Under the funding pool ARENA will look to support uptake of electric vehicles through the following focus areas:

  • Innovation in public charging
  • Innovation in management of charging

How it works

The Driving the Nation Program is ongoing and accepting of applications that contribute to the Program objectives and align with the Program Focus Areas. 

The assessment process involves two stages:

  1. Expressions of Interest; and
    1. Full Application stage.
    1. Driving the Nation Program Guidelines (PDF 608KB)
  2. 2022 Focus Areas – Business Fleets [Open]
  3. 2023 Focus Areas – Innovation in Charging [Open]


We will host a virtual information session on Monday, 8 May 2023 at 4 PM AEST to provide an overview of the 2023 Focus Areas and the Driving the Nation Program, with an opportunity for the public to ask questions.

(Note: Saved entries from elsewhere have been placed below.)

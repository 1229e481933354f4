-- ===== src/Lib.antt =====
-- A model of the banking core of this repository: a double-entry ledger, transfers as sagas behind
-- an idempotency guard, screening, an outbox, and settlement with compensation.
--
-- A transfer enters at an HTTP endpoint, passes the guard, the two screens and the checks of its
-- accounts, and posts its journal, its event, its saga and its settlement in one database
-- transaction. The settlement worker later asks the rail, and completes the saga or posts the
-- reverse journal.
--
-- Base: lists, texts, tests and integers that the other modules share. A text is its list of code
-- points, so texts are valid UTF-8.
-- Shared: internal/shared/domain. Money and its children (money.go: amounts over int64, with the
-- wrap-around of Go written out), Iban and its children (iban.go: Slips has the arithmetic of the
-- check digits, Reading what is accepted, RoundTrip the grouped form), Errors (errors.go: the chain
-- of errors, without their messages). GoText and Json are what the code uses of Go's strings,
-- strconv, unicode and encoding/json: a JSON body is an object of text fields, or malformed. The
-- Unicode tables beyond ASCII, and the SHA-256 digests, are arguments.
-- Ledger: internal/ledger. Account, Entry, Transaction, Balance (domain), Repository
-- (adapters/postgres/repository.go and locking.go). Keeps says which calls keep the ledger sound.
-- Storage: the tables and Redis keys that the adapters share, and the monad of calls on them. A
-- world holds the tables, the Redis records, the fraud counters, the clock and a script of what the
-- surroundings do at each call: nothing, a fault, or a change of the Redis records by others. A
-- database transaction is one step: its row locks keep others out, and one that fails or whose
-- commit fails leaves the tables as they were. The constraints of migrations/ that the repositories
-- answer to are part of their writes. Keeps, Idles and Marks have the rules by which chains of
-- calls keep a property of the tables, leave Redis alone, or succeed only on tables of one kind and
-- leave tables of another. Queue counts the rows that wait in a table.
-- Idempotency: internal/idempotency (domain/key.go, domain/record.go, adapters/redis/store.go,
-- app/guard.go). Guard.Fresh says when an answer is no replay. Guard.Race interleaves the clients
-- of one key between their calls of the store.
-- Outbox: internal/outbox (domain/event.go, adapters/postgres/repository.go, app/relay.go); the
-- publisher is an argument. Adapters has the two publishers of the repository (adapters/kafka,
-- adapters/logpublisher), over a Kafka client that is an argument. Rows has the columns as they
-- cross the driver.
-- Transfer: internal/transfer. Command, Saga (domain), Codec (app/codec.go), Service
-- (app/service.go), SagaStore (adapters/postgres/saga_repository.go; Rows has the columns, with
-- SQL's NULLs, as they cross the driver), and Coordinator
-- (internal/platform/uow/postgres/coordinator.go). What the driver makes of an update while rows
-- are open is an argument of the claim, `Connection`. Writes is the interface between the stores
-- and the services: what the writes of a transfer and of its settlement keep of the tables.
-- Screening: internal/fraud and internal/compliance.
-- Settlement: internal/settlement (app/processor.go, app/reconcile.go); the rail is an argument.
-- Sarie is the mock rail (app/sarie.go), over the draws of its generator.
-- Platform: Auth (internal/platform/auth, http/middleware/auth.go), Handlers and HttpErrors
-- (http/handlers), Poster (internal/ledger/app/poster.go), Audit and Log (internal/platform/audit),
-- Http (requests and replies), Views (the answers' JSON fields), Middleware (http/middleware),
-- Server (http/server.go: the routes over clean paths, and the chain of middlewares), Config
-- (internal/platform/config), Worker (internal/platform/worker), Wiring and Api (cmd/api/main.go),
-- Connect (internal/platform/postgres/pool.go, internal/platform/redis), Migrate
-- (internal/platform/postgres/migrate.go), Start (what cmd/api, cmd/worker and cmd/migrate do
-- before their work, and how they end), Recorder (http/middleware/errors.go and recorder.go).
-- System: the runs of the whole program, as sequences of requests, worker turns and changes of the
-- surroundings from the database that migrations/000004_seed_and_indexes.up.sql leaves; one request
-- or turn ends before the next begins. Steps is the interface between the writes and the runs: a
-- property that every write keeps is kept by every run. Bank and History are its instances: the
-- sound books, and what stays recorded. Interleaved takes the writes of any number of clients and
-- workers one by one, Commits takes them by whole database transactions. Loops takes the loops of
-- the workers, over their ticks, for runs. Backlog repeats the turns of the relay.
-- Tests: concrete runs and the theorems at concrete values.
--
-- A ledger is sound when every stored line is well formed (a positive riyal amount within int64 on
-- one of the two sides), the stored debits equal the stored credits, and no account's balance is
-- negative.
--
-- Loops are recursion on lists; the decimal printer runs on fuel, as much as the number itself,
-- which has fewer digits, and the loop of ResetAllMigrations on a number of rounds, one more than
-- there are applied migrations. Times are seconds, and 0 stands for Go's zero time; expiry times,
-- logging, metrics and the tickers of the workers are not modelled, as they are I/O around the
-- modelled code; nor is the bytes' form of JSON. What the Kafka, pgx, go-redis and migrate
-- libraries answer is an argument. The runs of System take requests and turns one after another;
-- interleaved are the clients of the guard, and the writes in the tables.
pub mod Base
pub mod Shared
pub mod Ledger
pub mod Idempotency
pub mod Outbox
pub mod Transfer
pub mod Storage
pub mod Screening
pub mod Settlement
pub mod Platform
pub mod System
mod Tests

Further details will be provided closer to the event for registered attendees.



At the same time the Federal Government’s Department of Climate Change, Energy, the Environment and Water (DCCEEW) has announced a new National Electric Vehicle Strategy aiming to increase the uptake of electric vehicles across Australia.

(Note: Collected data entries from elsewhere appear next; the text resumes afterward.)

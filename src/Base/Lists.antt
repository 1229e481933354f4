-- ===== src/Base/Lists.antt =====
-- Lists measured by native numbers, filters by Boolean tests, and a stable insertion sort.
use Prim.Native.Nat.{ℕ, zero, suc, ◌+◌}
use mathlib.Core.Path.{◌≡◌, refl}
use mathlib.Core.Bool.{Bool, true, false}
use mathlib.Core.Option.{Option, none, some}
use mathlib.Core.List.{List, [], ◌∷◌, ◌++◌}
use native.Mathlib.Omega.{arith}
use banking_plateform.Base.Tests.{if◌then◌else◌, Bool-cases}
use mathlib.Core.Logic.{inl, inr}

module _ {ℓ} {A : Type ℓ} where
  abbrev pub length : List A → ℕ
  length [] = 0
  length (x ∷ xs) = suc (length xs)

  abbrev pub take : ℕ → List A → List A
  take zero xs = []
  take (suc n) [] = []
  take (suc n) (x ∷ xs) = x ∷ take n xs

  abbrev pub drop : ℕ → List A → List A
  drop zero xs = xs
  drop (suc n) [] = []
  drop (suc n) (x ∷ xs) = drop n xs

  abbrev pub keep : (A → Bool) → List A → List A
  keep p [] = []
  keep p (x ∷ xs) = if p x then x ∷ keep p xs else keep p xs

  abbrev pub find : (A → Bool) → List A → Option A
  find p [] = none
  find p (x ∷ xs) = if p x then some x else find p xs

  abbrev pub exists : (A → Bool) → List A → Bool
  exists p [] = false
  exists p (x ∷ xs) = if p x then true else exists p xs

  abbrev pub All {κ} : (A → Type κ) → List A → Type κ
  All P [] = Unit
  All P (x ∷ xs) = P x × All P xs

  pub length-append : (xs ys : List A) → length (xs ++ ys) ≡ length xs + length ys
  length-append [] ys = omega arith
  length-append (x ∷ xs) ys = omega (arith, length-append xs ys)

  pub keep-append : (p : A → Bool) (xs ys : List A) → keep p (xs ++ ys) ≡ keep p xs ++ keep p ys
  keep-append p [] ys = refl
  keep-append p (x ∷ xs) ys = ground (arith, keep-append p xs ys)

  pub All-append {κ} : (P : A → Type κ) (xs ys : List A) → All P xs → All P ys → All P (xs ++ ys)
  All-append P [] ys h k = k
  All-append P (x ∷ xs) ys h k = (h.0, All-append P xs ys h.1 k)

  -- `ORDER BY`: an insertion sort that keeps the order of equal keys.
  unfoldable pub insert_by : (A → A → Bool) → A → List A → List A
  insert_by before x [] = x ∷ []
  insert_by before x (y ∷ ys) = if before y x then y ∷ insert_by before x ys else x ∷ y ∷ ys

  unfoldable pub order_by : (A → A → Bool) → List A → List A
  order_by before [] = []
  order_by before (x ∷ xs) = insert_by before x (order_by before xs)

  module _ {κ} (P : A → Type κ) where
    All-keep : (p : A → Bool) (xs : List A) → All P xs → All P (keep p xs)
    All-keep p [] a = tt
    All-keep p (x ∷ xs) (q, a) = elim (Bool-cases (p x)) [
      | inl e ↦ rw e (q, All-keep p xs a)
      | inr e ↦ rw e (All-keep p xs a)
    ]

    pub All-drop : (n : ℕ) (xs : List A) → All P xs → All P (drop n xs)
    All-drop zero xs a = a
    All-drop (suc n) [] a = tt
    All-drop (suc n) (x ∷ xs) (p, a) = All-drop n xs a

    pub All-take : (n : ℕ) (xs : List A) → All P xs → All P (take n xs)
    All-take zero xs a = tt
    All-take (suc n) [] a = tt
    All-take (suc n) (x ∷ xs) (p, a) = (p, All-take n xs a)

    All-insert_by :
        (before : A → A → Bool) (x : A) (xs : List A)
        → P x
        → All P xs
        → All P (insert_by before x xs)
    unfolding insert_by
    All-insert_by before x [] p a = (p, tt)
    All-insert_by before x (y ∷ ys) p (q, a) = elim (Bool-cases (before y x)) [
      | inl e ↦ rw e (q, All-insert_by before x ys p a)
      | inr e ↦ rw e (p, (q, a))
    ]

    All-order_by : (before : A → A → Bool) (xs : List A) → All P xs → All P (order_by before xs)
    unfolding order_by
    All-order_by before [] a = tt
    All-order_by before (x ∷ xs) (q, a) =
        All-insert_by before x (order_by before xs) q (All-order_by before xs a)

    -- What holds of every row holds of the rows that a query selects, orders and limits.
    pub All-selected :
        (n : ℕ) (before : A → A → Bool) (p : A → Bool) (xs : List A)
        → All P xs
        → All P (take n (order_by before (keep p xs)))
    All-selected n before p xs a = All-take n _ (All-order_by before _ (All-keep p xs a))
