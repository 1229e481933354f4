-- ===== src/Idempotency.antt =====
-- internal/idempotency: keys, records, the store and the guard.
pub mod Key
pub mod Store
pub mod Guard
pub mod Record
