-- ===== src/Shared/Errors.antt =====
-- internal/shared/domain/errors.go and internal/ledger/domain/errors.go: domain errors, the chains
-- that wrap them, and the two tests on chains. Message texts are not modelled.
use banking_plateform.Base.{◌≡◌, refl, ◌⊎◌, inl, inr, Bool, true, false, Option, none, some}

-- The error codes, the ledger's among them.
pub data ErrorCode : Type 0 where
  invalid_money invalid_iban insufficient_funds not_found conflict : ErrorCode
  request_in_progress forbidden validation : ErrorCode
  unbalanced_transaction invalid_ledger_entry invalid_account : ErrorCode

-- A Go error value: a plain infrastructure failure, a failure under `fmt.Errorf("...: %w", err)`,
-- a `DomainError` with no cause, and one that wraps a cause.
pub data Error : Type 0 where
  plain : Error
  annotated : Error → Error
  domain : ErrorCode → Error
  wrapped : ErrorCode → Error → Error

pub data Result {ℓ} (A : Type ℓ) : Type ℓ where
  ok : A → Result A
  err : Error → Result A

pub Result-cases {ℓ} :
    {A : Type ℓ} (r : Result A) → ((a : A) × (r ≡ ok a)) ⊎ ((e : Error) × (r ≡ err e))
Result-cases (ok a) = inl (a, refl)
Result-cases (err e) = inr (e, refl)

pub ok_injective : {A : Type 0} {a b : A} → ◌≡◌ {A = Result A} (ok a) (ok b) → a ≡ b
ok_injective h = cc

infixl 5 ◌>>=◌ ◌>>◌
abbrev pub ◌>>=◌ {ℓ κ} : {A : Type ℓ} {B : Type κ} → Result A → (A → Result B) → Result B
ok a >>= f = f a
err e >>= f = err e

abbrev pub ◌>>◌ {ℓ κ} : {A : Type ℓ} {B : Type κ} → Result A → Result B → Result B
m >> k = m >>= λ _. k

-- `if bad { return err }`
abbrev pub fail_if : Bool → Error → Result (Unit {0})
fail_if true e = err e
fail_if false e = ok tt

-- `if err != nil { return WrapDomainError(code, ..., err) }`
abbrev pub wrap_with {ℓ} : {A : Type ℓ} → ErrorCode → Result A → Result A
wrap_with c (ok a) = ok a
wrap_with c (err e) = err (wrapped c e)

-- `fmt.Errorf("...: %w", err)`
abbrev pub relabel {ℓ} : {A : Type ℓ} → Result A → Result A
relabel (ok a) = ok a
relabel (err e) = err (annotated e)

abbrev pub same_code : ErrorCode → ErrorCode → Bool
same_code invalid_money invalid_money = true
same_code invalid_iban invalid_iban = true
same_code insufficient_funds insufficient_funds = true
same_code not_found not_found = true
same_code conflict conflict = true
same_code request_in_progress request_in_progress = true
same_code forbidden forbidden = true
same_code validation validation = true
same_code unbalanced_transaction unbalanced_transaction = true
same_code invalid_ledger_entry invalid_ledger_entry = true
same_code invalid_account invalid_account = true
same_code _ _ = false

-- `AsDomainError`: the code of the outermost domain error of the chain.
unfoldable pub as_domain_error : Error → Option ErrorCode
as_domain_error plain = none
as_domain_error (annotated e) = as_domain_error e
as_domain_error (domain c) = some c
as_domain_error (wrapped c e) = some c

-- `IsDomainCode`
unfoldable pub is_domain_code : Error → ErrorCode → Bool
unfolding as_domain_error
is_domain_code e c = elim (as_domain_error e) [ none ↦ false | some d ↦ same_code d c ]
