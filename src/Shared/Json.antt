-- ===== src/Shared/Json.antt =====
-- What the program uses of `encoding/json`: objects whose fields are texts, and bytes that do not
-- decode. The bytes of an encoded object are not modelled.
use banking_plateform.Base.{
  ℕ, ◌+◌, ◌==◌, ◌&&◌, leb, map, Bool, true, false, List, [], ◌∷◌, Str, str_eq, is_empty,
  if◌then◌else◌,
}
use banking_plateform.Shared.Errors.{Result, ok, err, plain}

pub data Json : Type 0 where
  object : List (Str × Str) → Json
  malformed : Str → Json

-- The lower case of the ASCII letters, with the long s and the Kelvin sign, which `encoding/json`
-- takes for letters when it matches names.
abbrev fold_rune : ℕ → ℕ
fold_rune c =
    if c == 383
    then b's'
    else if c == 8490
    then b'k'
    else if leb b'A' c && leb c b'Z'
    then c + 32
    else c

abbrev same_name : Str → Str → Bool
same_name j k = str_eq (map fold_rune j) k

abbrev last_field : Str → Str → List (Str × Str) → Str
last_field found k [] = found
last_field found k ((j, v) ∷ fs) = last_field (if same_name j k then v else found) k fs

-- A field of a struct, by its name in lower case: the last one of that name counts, and the case of
-- its letters does not. A field that is absent is decoded to the empty text.
unfoldable pub field : Str → List (Str × Str) → Str
field k fs = last_field [] k fs

-- `json.Unmarshal`
abbrev pub unmarshal : Json → Result (List (Str × Str))
unmarshal (object fs) = ok fs
unmarshal (malformed s) = err plain

-- `json.Valid`
abbrev pub is_valid_json : Json → Bool
is_valid_json (object fs) = true
is_valid_json (malformed s) = false

-- `len(payload) == 0`
abbrev pub is_empty_json : Json → Bool
is_empty_json (object fs) = false
is_empty_json (malformed s) = is_empty s
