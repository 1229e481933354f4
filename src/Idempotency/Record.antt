-- ===== src/Idempotency/Record.antt =====
-- internal/idempotency/domain/record.go
use banking_plateform.Base.{ℕ, Str}
use banking_plateform.Shared.Json.{Json}

pub data Status : Type 0 where
  processing completed failed : Status

-- A stored record; a time of 0 is Go's zero time.
pub record Record : Type 0 where
  pub scope : Str
  pub key : Str
  pub status : Status
  pub fingerprint : Str
  pub resource_id : Str
  pub payload : Json
  pub created_at : ℕ
  pub completed_at : ℕ

-- The result of an operation, as the guard stores and replays it.
pub record Outcome : Type 0 where
  pub resource_id : Str
  pub payload : Json

-- `Record.ToResult`
unfoldable pub to_outcome : Record → Outcome
to_outcome r = record { resource_id = r.resource_id; payload = r.payload }
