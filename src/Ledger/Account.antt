-- ===== src/Ledger/Account.antt =====
-- internal/ledger/domain/account.go
use banking_plateform.Base.{Bool, true, false, not, Str, is_empty, text, str_eq, if◌then◌else◌}
use banking_plateform.Shared.Errors.{Result, ok, domain, invalid_account, ◌>>◌, fail_if}

-- A Go string type with five named values: `unnamed` is any other string.
pub data AccountType : Type 0 where
  asset liability equity revenue expense : AccountType
  unnamed : Str → AccountType

pub record Account : Type 0 where
  pub id : Str
  pub typ : AccountType
  pub name : Str

-- `AccountType.isValid`
unfoldable pub is_valid_type : AccountType → Bool
is_valid_type (unnamed s) = false
is_valid_type asset = true
is_valid_type liability = true
is_valid_type equity = true
is_valid_type revenue = true
is_valid_type expense = true

unfoldable pub new_account : Str → AccountType → Str → Result Account
unfolding is_valid_type
new_account id typ name = do
  fail_if (is_empty id) (domain invalid_account)
  fail_if (not (is_valid_type typ)) (domain invalid_account)
  fail_if (is_empty name) (domain invalid_account)
  ok (record { id = id; typ = typ; name = name })

abbrev pub is_debit_normal_type : AccountType → Bool
is_debit_normal_type asset = true
is_debit_normal_type expense = true
is_debit_normal_type _ = false

unfoldable pub is_debit_normal : Account → Bool
is_debit_normal a = is_debit_normal_type a.typ

abbrev pub is_liability : AccountType → Bool
is_liability liability = true
is_liability _ = false

-- The conversion `AccountType(raw)` of a stored or received string.
unfoldable pub account_type_of : Str → AccountType
account_type_of s =
    if str_eq s (text "ASSET")
    then asset
    else if str_eq s (text "LIABILITY")
    then liability
    else if str_eq s (text "EQUITY")
    then equity
    else if str_eq s (text "REVENUE")
    then revenue
    else if str_eq s (text "EXPENSE")
    then expense
    else unnamed s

The strategy is looking to:

  • increase the supply of affordable and accessible EVs
  • establish the resources, systems and infrastructure to enable rapid EV uptake
  • encourage increased EV demand.

Download – The National Electric Vehicle Strategy (HERE)


The Department of Employment and Workforce Relations (DEWR) has released a tender for the development of training resources for Electric Vehicles (EVs).

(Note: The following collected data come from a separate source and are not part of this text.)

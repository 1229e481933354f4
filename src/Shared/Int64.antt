-- ===== src/Shared/Int64.antt =====
-- Go's int64: an integer with the wrap-around of two's complement written out.
use banking_plateform.Base.{ℕ, ◌+◌, ◌-◌, ◌/◌, ◌%◌, ◌^◌, ◌≡◌, ltb, if◌then◌else◌, arith}
use banking_plateform.Base.Int.{ℤ, pos, negsuc, ◌-ℤ◌, ◌≤ℤ◌}

abbrev pub max_int64 : ℤ
max_int64 = pos (2 ^ 63 - 1)

abbrev pub min_int64 : ℤ
min_int64 = negsuc (2 ^ 63 - 1)

-- The values of an int64.
abbrev pub InRange : ℤ → Type 0
InRange a = (min_int64 ≤ℤ a) × (a ≤ℤ max_int64)

-- The int64 with the same residue modulo 2^64.
unfoldable pub wrap64 : ℤ → ℤ
wrap64 (pos n) = let m = n % 2 ^ 64 in if ltb m (2 ^ 63) then pos m else negsuc (2 ^ 64 - 1 - m)
wrap64 (negsuc n) = let m = n % 2 ^ 64 in if ltb m (2 ^ 63) then negsuc m else pos (2 ^ 64 - 1 - m)

-- `-a`
unfoldable pub neg64 : ℤ → ℤ
neg64 a = wrap64 (pos 0 -ℤ a)

-- `a / b` and `a % b` for a positive constant b: Go truncates towards zero.
unfoldable pub quot64 : ℤ → ℕ → ℤ
quot64 (pos n) b = pos (n / b)
quot64 (negsuc n) b = pos 0 -ℤ pos ((n + 1) / b)

unfoldable pub rem64 : ℤ → ℕ → ℤ
rem64 (pos n) b = pos (n % b)
rem64 (negsuc n) b = pos 0 -ℤ pos ((n + 1) % b)

-- In range there is nothing to wrap.
pub wrap64-InRange : (a : ℤ) → InRange a → wrap64 a ≡ a
unfolding wrap64
wrap64-InRange (pos n) h = ground arith
wrap64-InRange (negsuc n) h = ground arith

-- A wrapped value is in range.
pub InRange-wrap64 : (a : ℤ) → InRange (wrap64 a)
unfolding wrap64
InRange-wrap64 (pos n) = ground arith
InRange-wrap64 (negsuc n) = ground arith
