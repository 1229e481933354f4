-- ===== src/Shared/Money.antt =====
-- internal/shared/domain/money.go: amounts in halalas over int64.
pub mod Arith
pub mod Text
pub mod Digits
pub mod RoundTrip
pub mod Range
pub mod Json
use banking_plateform.Base.{
  ℕ, Option, none, some, Bool, true, false, ◌&&◌, ◌||◌, not, Str, text, ltb, leb, str_eq,
  if◌then◌else◌, ◌^◌, ◌-◌, ◌+◌,
}
use banking_plateform.Base.Int.{ℤ, pos, negsuc, pos_part, neg_part, ltb_ℤ, ◌+ℤ◌, ◌-ℤ◌, ◌*ℤ◌}
use banking_plateform.Shared.Errors.{
  Result, ok, err, Error, plain, domain, invalid_money, ◌>>=◌, ◌>>◌, fail_if, wrap_with,
}
use banking_plateform.Shared.Int64.{wrap64, neg64, max_int64, min_int64}

abbrev pub currency_sar : Str
currency_sar = text "SAR"

abbrev pub halalas_per_sar : ℕ
halalas_per_sar = 100

pub record Money : Type 0 where
  pub halalas : ℤ
  pub currency : Str

unfoldable pub halalas_from_minor_units : ℤ → Str → Result Money
halalas_from_minor_units halalas currency = do
  fail_if (not (str_eq currency currency_sar)) (domain invalid_money)
  ok (record { halalas = halalas; currency = currency })

-- `SAR`: the product and the sum wrap.
unfoldable pub sar : ℤ → ℤ → Result Money
sar riyals halalas = do
  fail_if (ltb_ℤ halalas (pos 0) || not (ltb_ℤ halalas (pos halalas_per_sar)))
      (domain invalid_money)
  fail_if (ltb_ℤ (pos 0) riyals && ltb_ℤ halalas (pos 0)) (domain invalid_money)
  fail_if (ltb_ℤ riyals (pos 0) && ltb_ℤ (pos 0) halalas) (domain invalid_money)
  let total = wrap64 (wrap64 (riyals *ℤ pos halalas_per_sar) +ℤ halalas)
  ok (record { halalas = total; currency = currency_sar })

-- `MustSAR`: `none` is a panic.
unfoldable pub must_sar : ℤ → ℤ → Option Money
unfolding sar
must_sar riyals halalas = elim (sar riyals halalas) [ ok m ↦ some m | err e ↦ none ]

abbrev pub zero_sar : Money
zero_sar = record { halalas = pos 0; currency = currency_sar }

abbrev pub is_zero : Money → Bool
is_zero m = not (ltb_ℤ m.halalas (pos 0)) && not (ltb_ℤ (pos 0) m.halalas)

abbrev pub is_negative : Money → Bool
is_negative m = ltb_ℤ m.halalas (pos 0)

abbrev pub is_positive : Money → Bool
is_positive m = ltb_ℤ (pos 0) m.halalas

unfoldable pub safe_add : ℤ → ℤ → Result ℤ
safe_add a b = do
  fail_if (ltb_ℤ (pos 0) b && ltb_ℤ (wrap64 (max_int64 -ℤ b)) a) plain
  fail_if (ltb_ℤ b (pos 0) && ltb_ℤ a (wrap64 (min_int64 -ℤ b))) plain
  ok (wrap64 (a +ℤ b))

unfoldable pub safe_sub : ℤ → ℤ → Result ℤ
safe_sub a b = do
  fail_if (ltb_ℤ b (pos 0) && ltb_ℤ (wrap64 (max_int64 +ℤ b)) a) plain
  fail_if (ltb_ℤ (pos 0) b && ltb_ℤ a (wrap64 (min_int64 +ℤ b))) plain
  ok (wrap64 (a -ℤ b))

unfoldable pub add : Money → Money → Result Money
add m other = do
  fail_if (not (str_eq m.currency other.currency)) (domain invalid_money)
  sum ← wrap_with invalid_money (safe_add m.halalas other.halalas)
  ok (record { halalas = sum; currency = m.currency })

unfoldable pub sub : Money → Money → Result Money
sub m other = do
  fail_if (not (str_eq m.currency other.currency)) (domain invalid_money)
  diff ← wrap_with invalid_money (safe_sub m.halalas other.halalas)
  ok (record { halalas = diff; currency = m.currency })

unfoldable pub negate : Money → Money
negate m = record { halalas = neg64 m.halalas; currency = m.currency }

unfoldable pub abs : Money → Money
unfolding negate
abs m = if ltb_ℤ m.halalas (pos 0) then negate m else m

unfoldable pub cmp : Money → Money → Result ℤ
cmp m other = do
  fail_if (not (str_eq m.currency other.currency)) (domain invalid_money)
  ok (
      if ltb_ℤ m.halalas other.halalas
      then negsuc 0
      else if ltb_ℤ other.halalas m.halalas
      then pos 1
      else pos 0)

unfoldable pub greater_than : Money → Money → Result Bool
unfolding cmp
greater_than m other = do c ← cmp m other; ok (ltb_ℤ (pos 0) c)

unfoldable pub less_than : Money → Money → Result Bool
unfolding cmp
less_than m other = do c ← cmp m other; ok (ltb_ℤ c (pos 0))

The tender states, “The Australian Government is committed to prioritising the transition to a net zero economy under the New Energy Skills Program (the program). Investment in this program will support the development of fit-for-purpose training pathways for new energy industry jobs. The program includes funding for the New Energy Training Pathways Initiative which will support training providers to fast-track the delivery of clean energy qualifications and skill sets through the development of training resources.

The department is seeking a supplier to develop a suite of training resources for use by registered training providers delivering nationally recognised qualifications and skill sets in electric vehicles and renewables, as part of the New Energy Training Pathways Initiative.

The resources will assist in fast-tracking the delivery of existing new energy training qualifications and skill sets within the national Vocational Education and Training (VET) system from 2024.  The provider is required to work with the relevant Jobs and Skills Councils and other stakeholders …

Resources are required for each of the below specified nationally recognised qualifications and skill sets relating to renewable energy and electric vehicles within the VET system:

  1. AUR32721 – Certificate III in Automotive Electric Vehicle Technology;
  2. AURSS00063 – Battery Electric Vehicle Diagnose and Repair Skill Set;
  3. AURSS00064 – Battery Electric Vehicle Inspection and Servicing Skill Set; and
  4. UEE43322 – Certificate IV in Electrical – Renewable Energy.

ATM ID: ESE22-4937

Category: 86000000 – Education and Training Services

Close Date & Time: 9-May-2023 5:00 pm (ACT Local Time)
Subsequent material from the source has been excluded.